P.S. - Be sure to tell the hobby stores to have their banners out there at the track. *Lots of pictures will be taken and put on the web in numerous locations*. *Lots of free publicity*! You never know, one of these smart hobby shops might jump on the bandwagon and buy a system. A system the club can then purchase from the hobby shop while using it on a weekly basis, providing system maintenance and a little money each month!!! (plus parts purchases from said hobby shop, since you'll be racing so much and need parts that otherwise would be sitting on their shelves until a system were purchased!) I think it's called scratch my ....back? or something like that!


----------



## justinspeed79 (Mar 9, 2006)

Slash, your posts are very inspirational! 

Is there any way to do heads up racing without having an actuall full-on drag car. Like with MT's or something? Bracket racing just doesn't get my pulse going, but the price of a full-on setup pretty much gives me cardiac arrest. I've been thinking about it, but it always seems to come back to the fact that the only way to keep it affordable is to race bracket. Any thought on that?


----------



## slash (Sep 18, 2006)

*Bracket Really Rocks......*

Bracket is actually a tougher class to compete in than you might imagine. You have to maintain your cars consistency as well as your reaction times. It's rough. Are you going to come out and play this weekend? Love to meet ya and bang brain-cells!

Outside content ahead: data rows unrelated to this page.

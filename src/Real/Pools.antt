-- ===== src/Real/Pools.antt =====
-- Pools through the real client (packages/vault-client/src/real.ts) over the registry and its inverse
-- (backend/src/tools/vault.ts).
use sorosense.Base.{
  false, Option, none, some, List, [], ◌∷◌, ◌++◌, ◌≡◌, refl, arith, ◌==◌, string_key, get_or,
  same_refl,
}
use sorosense.Dict.{get, put}
use sorosense.Seam.{Address, PoolId}
use sorosense.Real.{
  PoolEnv, or_else, truthy, entry, pool_registry_entries, from_entries, inverted, registry_of,
  resolver_of, build_pool_registry, build_pool_id_resolver, pool_address, pool_id,
}

-- What a list of entries resolves a pool to, and decodes an address to.
abbrev resolved_by : List (PoolId × Address) → PoolId → Option Address
resolved_by es pool = truthy (truthy (get pool (from_entries es [])))

abbrev decoded_by : List (PoolId × Address) → Address → PoolId
decoded_by es a = get_or (truthy (some (get_or (get a (from_entries (inverted es) [])) a))) a

one_entry :
    (p : PoolId) (u : Address) (pool : PoolId) (a : Address)
    → (p == "") ≡ false
    → resolved_by ((p, u) ∷ []) pool ≡ some a
    → resolved_by ((p, u) ∷ []) (decoded_by ((p, u) ∷ []) a) ≡ some a
unfolding get put from_entries inverted
one_entry p u pool a named h =
    ground (arith, string_key.same_iff u a, string_key.same_iff p pool, same_refl p)

two_entries :
    (p q : PoolId) (u e : Address) (pool : PoolId) (a : Address)
    → (p == "") ≡ false
    → (q == "") ≡ false
    → (p == q) ≡ false
    → (q == p) ≡ false
    → resolved_by ((p, u) ∷ (q, e) ∷ []) pool ≡ some a
    → resolved_by ((p, u) ∷ (q, e) ∷ []) (decoded_by ((p, u) ∷ (q, e) ∷ []) a) ≡ some a
unfolding get put from_entries inverted
two_entries p q u e pool a named_p named_q ne ne' h = ground (
  arith,
  string_key.same_iff u a,
  string_key.same_iff e a,
  string_key.same_iff u e,
  string_key.same_iff p pool,
  string_key.same_iff q pool,
  same_refl p,
  same_refl q,
)

shape :
    (usd_pool eur_pool : Option Address)
    → let es = entry "sorosense-usd" usd_pool ++ entry "sorosense-eur" eur_pool in
      (pool : PoolId) (a : Address)
      → pool_address (registry_of es) pool ≡ some a
      → pool_address (registry_of es) (pool_id (resolver_of es) a) ≡ some a
unfolding pool_address pool_id
shape none none pool a h = refl
shape (some u) none pool a h = one_entry "sorosense-usd" u pool a refl h
shape none (some e) pool a h = one_entry "sorosense-eur" e pool a refl h
shape (some u) (some e) pool a h =
    two_entries "sorosense-usd" "sorosense-eur" u e pool a refl refl refl refl h

-- An address that a pool of the seam resolves to, as the contract gives it back for the active pool,
-- decodes to a pool that resolves to it again: whichever pools the environment names, even if two
-- share their address.
pub pool_id_resolves :
    (env : PoolEnv) (pool : PoolId) (a : Address)
    → pool_address (build_pool_registry env) pool ≡ some a
    → pool_address (build_pool_registry env) (pool_id (build_pool_id_resolver env) a) ≡ some a
unfolding build_pool_registry build_pool_id_resolver pool_registry_entries
pool_id_resolves env pool a h =
    shape (truthy (or_else env.yield_usd env.blend_usd))
      (truthy (or_else env.yield_eur env.blend_eur)) pool a h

The tricky thing about running any kind of heads-up class is making sure everything is even. If you have two exact makes of car with exact batteries and same motor, you can run heads-up. But, that's in a perfect world! Here on earth, we have numerous motor manufacturers, tons of cars, both production and homebuilt and a ton of choices in batteries and configurations. You'll have to set specs. If you can set a weight for the cars, that's a start. Then size, number and types of batteries need to be addressed. The toughest one will be the motors.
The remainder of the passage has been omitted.